##### Source information
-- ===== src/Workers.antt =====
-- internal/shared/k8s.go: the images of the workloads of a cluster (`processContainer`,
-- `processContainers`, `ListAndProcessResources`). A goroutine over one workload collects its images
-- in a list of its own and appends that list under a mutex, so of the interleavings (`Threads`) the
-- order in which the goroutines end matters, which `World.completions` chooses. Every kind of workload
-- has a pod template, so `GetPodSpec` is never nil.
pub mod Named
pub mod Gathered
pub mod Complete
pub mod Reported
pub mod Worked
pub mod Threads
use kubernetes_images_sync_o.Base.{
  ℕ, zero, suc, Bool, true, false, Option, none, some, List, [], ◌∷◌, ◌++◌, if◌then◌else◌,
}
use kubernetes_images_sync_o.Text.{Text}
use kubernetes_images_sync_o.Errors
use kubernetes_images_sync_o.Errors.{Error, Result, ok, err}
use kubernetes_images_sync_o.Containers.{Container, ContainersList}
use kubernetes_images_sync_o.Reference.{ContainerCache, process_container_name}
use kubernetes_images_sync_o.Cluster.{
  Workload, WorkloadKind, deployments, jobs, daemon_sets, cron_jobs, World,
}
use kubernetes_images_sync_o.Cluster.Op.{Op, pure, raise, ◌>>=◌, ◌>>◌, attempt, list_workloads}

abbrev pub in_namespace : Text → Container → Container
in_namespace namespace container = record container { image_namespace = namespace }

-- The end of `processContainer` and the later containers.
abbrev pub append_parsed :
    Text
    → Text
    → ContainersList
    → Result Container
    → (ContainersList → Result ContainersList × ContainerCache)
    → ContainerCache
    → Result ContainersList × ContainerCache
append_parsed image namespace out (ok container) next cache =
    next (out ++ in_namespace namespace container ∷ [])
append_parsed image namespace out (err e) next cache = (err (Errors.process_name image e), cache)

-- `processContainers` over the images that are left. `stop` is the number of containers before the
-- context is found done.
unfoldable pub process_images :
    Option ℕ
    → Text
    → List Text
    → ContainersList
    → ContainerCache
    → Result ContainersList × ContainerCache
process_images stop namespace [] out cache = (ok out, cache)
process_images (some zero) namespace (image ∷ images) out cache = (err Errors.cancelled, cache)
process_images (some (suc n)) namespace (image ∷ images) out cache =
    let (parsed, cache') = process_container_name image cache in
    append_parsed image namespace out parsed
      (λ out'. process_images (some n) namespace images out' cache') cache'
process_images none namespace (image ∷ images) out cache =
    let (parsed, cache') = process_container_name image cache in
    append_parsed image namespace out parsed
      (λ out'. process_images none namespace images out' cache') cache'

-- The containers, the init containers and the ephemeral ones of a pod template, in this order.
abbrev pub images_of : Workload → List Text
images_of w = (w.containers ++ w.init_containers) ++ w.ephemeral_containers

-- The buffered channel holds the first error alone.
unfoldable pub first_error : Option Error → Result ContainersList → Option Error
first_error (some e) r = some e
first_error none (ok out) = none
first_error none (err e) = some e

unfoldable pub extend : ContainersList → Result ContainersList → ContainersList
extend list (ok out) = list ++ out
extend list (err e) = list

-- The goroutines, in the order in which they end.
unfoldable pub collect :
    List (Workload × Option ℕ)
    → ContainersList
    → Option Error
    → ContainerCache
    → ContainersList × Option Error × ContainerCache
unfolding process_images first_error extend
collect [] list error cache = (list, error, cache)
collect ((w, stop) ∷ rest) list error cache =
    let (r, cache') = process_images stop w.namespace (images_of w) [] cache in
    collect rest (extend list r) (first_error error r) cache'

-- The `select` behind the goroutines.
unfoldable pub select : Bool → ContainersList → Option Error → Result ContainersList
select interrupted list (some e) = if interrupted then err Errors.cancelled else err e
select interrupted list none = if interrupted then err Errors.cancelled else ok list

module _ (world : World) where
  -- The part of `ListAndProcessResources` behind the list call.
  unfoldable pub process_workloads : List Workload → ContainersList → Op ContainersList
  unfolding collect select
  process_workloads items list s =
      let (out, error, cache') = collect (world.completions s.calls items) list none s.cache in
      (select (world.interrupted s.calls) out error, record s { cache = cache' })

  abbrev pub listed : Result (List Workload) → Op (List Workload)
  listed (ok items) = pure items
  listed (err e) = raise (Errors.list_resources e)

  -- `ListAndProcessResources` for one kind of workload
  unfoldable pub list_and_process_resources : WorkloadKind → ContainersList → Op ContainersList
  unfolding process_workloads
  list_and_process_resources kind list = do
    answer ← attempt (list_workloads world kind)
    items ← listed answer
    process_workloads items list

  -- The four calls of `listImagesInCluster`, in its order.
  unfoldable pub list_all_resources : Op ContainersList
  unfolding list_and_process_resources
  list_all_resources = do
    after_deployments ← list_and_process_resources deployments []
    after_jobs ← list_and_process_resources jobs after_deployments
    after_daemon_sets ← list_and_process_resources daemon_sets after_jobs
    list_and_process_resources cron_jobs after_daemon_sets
##########
*Required action:* The data given before this task must be transcribed exactly and in full.

*Exercise solution:*
-- ===== src/Workers.antt =====
-- internal/shared/k8s.go: the images of the workloads of a cluster (`processContainer`,
-- `processContainers`, `ListAndProcessResources`). A goroutine over one workload collects its images
-- in a list of its own and appends that list under a mutex, so of the interleavings (`Threads`) the
-- order in which the goroutines end matters, which `World.completions` chooses. Every kind of workload
-- has a pod template, so `GetPodSpec` is never nil.
pub mod Named
pub mod Gathered
pub mod Complete
pub mod Reported
pub mod Worked
pub mod Threads
use kubernetes_images_sync_o.Base.{
  ℕ, zero, suc, Bool, true, false, Option, none, some, List, [], ◌∷◌, ◌++◌, if◌then◌else◌,
}
use kubernetes_images_sync_o.Text.{Text}
use kubernetes_images_sync_o.Errors
use kubernetes_images_sync_o.Errors.{Error, Result, ok, err}
use kubernetes_images_sync_o.Containers.{Container, ContainersList}
use kubernetes_images_sync_o.Reference.{ContainerCache, process_container_name}
use kubernetes_images_sync_o.Cluster.{
  Workload, WorkloadKind, deployments, jobs, daemon_sets, cron_jobs, World,
}
use kubernetes_images_sync_o.Cluster.Op.{Op, pure, raise, ◌>>=◌, ◌>>◌, attempt, list_workloads}

abbrev pub in_namespace : Text → Container → Container
in_namespace namespace container = record container { image_namespace = namespace }

-- The end of `processContainer` and the later containers.
abbrev pub append_parsed :
    Text
    → Text
    → ContainersList
    → Result Container
    → (ContainersList → Result ContainersList × ContainerCache)
    → ContainerCache
    → Result ContainersList × ContainerCache
append_parsed image namespace out (ok container) next cache =
    next (out ++ in_namespace namespace container ∷ [])
append_parsed image namespace out (err e) next cache = (err (Errors.process_name image e), cache)

-- `processContainers` over the images that are left. `stop` is the number of containers before the
-- context is found done.
unfoldable pub process_images :
    Option ℕ
    → Text
    → List Text
    → ContainersList
    → ContainerCache
    → Result ContainersList × ContainerCache
process_images stop namespace [] out cache = (ok out, cache)
process_images (some zero) namespace (image ∷ images) out cache = (err Errors.cancelled, cache)
process_images (some (suc n)) namespace (image ∷ images) out cache =
    let (parsed, cache') = process_container_name image cache in
    append_parsed image namespace out parsed
      (λ out'. process_images (some n) namespace images out' cache') cache'
process_images none namespace (image ∷ images) out cache =
    let (parsed, cache') = process_container_name image cache in
    append_parsed image namespace out parsed
      (λ out'. process_images none namespace images out' cache') cache'

-- The containers, the init containers and the ephemeral ones of a pod template, in this order.
abbrev pub images_of : Workload → List Text
images_of w = (w.containers ++ w.init_containers) ++ w.ephemeral_containers

-- The buffered channel holds the first error alone.
unfoldable pub first_error : Option Error → Result ContainersList → Option Error
first_error (some e) r = some e
first_error none (ok out) = none
first_error none (err e) = some e

unfoldable pub extend : ContainersList → Result ContainersList → ContainersList
extend list (ok out) = list ++ out
extend list (err e) = list

-- The goroutines, in the order in which they end.
unfoldable pub collect :
    List (Workload × Option ℕ)
    → ContainersList
    → Option Error
    → ContainerCache
    → ContainersList × Option Error × ContainerCache
unfolding process_images first_error extend
collect [] list error cache = (list, error, cache)
collect ((w, stop) ∷ rest) list error cache =
    let (r, cache') = process_images stop w.namespace (images_of w) [] cache in
    collect rest (extend list r) (first_error error r) cache'

-- The `select` behind the goroutines.
unfoldable pub select : Bool → ContainersList → Option Error → Result ContainersList
select interrupted list (some e) = if interrupted then err Errors.cancelled else err e
select interrupted list none = if interrupted then err Errors.cancelled else ok list

module _ (world : World) where
  -- The part of `ListAndProcessResources` behind the list call.
  unfoldable pub process_workloads : List Workload → ContainersList → Op ContainersList
  unfolding collect select
  process_workloads items list s =
      let (out, error, cache') = collect (world.completions s.calls items) list none s.cache in
      (select (world.interrupted s.calls) out error, record s { cache = cache' })

  abbrev pub listed : Result (List Workload) → Op (List Workload)
  listed (ok items) = pure items
  listed (err e) = raise (Errors.list_resources e)

  -- `ListAndProcessResources` for one kind of workload
  unfoldable pub list_and_process_resources : WorkloadKind → ContainersList → Op ContainersList
  unfolding process_workloads
  list_and_process_resources kind list = do
    answer ← attempt (list_workloads world kind)
    items ← listed answer
    process_workloads items list

  -- The four calls of `listImagesInCluster`, in its order.
  unfoldable pub list_all_resources : Op ContainersList
  unfolding list_and_process_resources
  list_all_resources = do
    after_deployments ← list_and_process_resources deployments []
    after_jobs ← list_and_process_resources jobs after_deployments
    after_daemon_sets ← list_and_process_resources daemon_sets after_jobs
    list_and_process_resources cron_jobs after_daemon_sets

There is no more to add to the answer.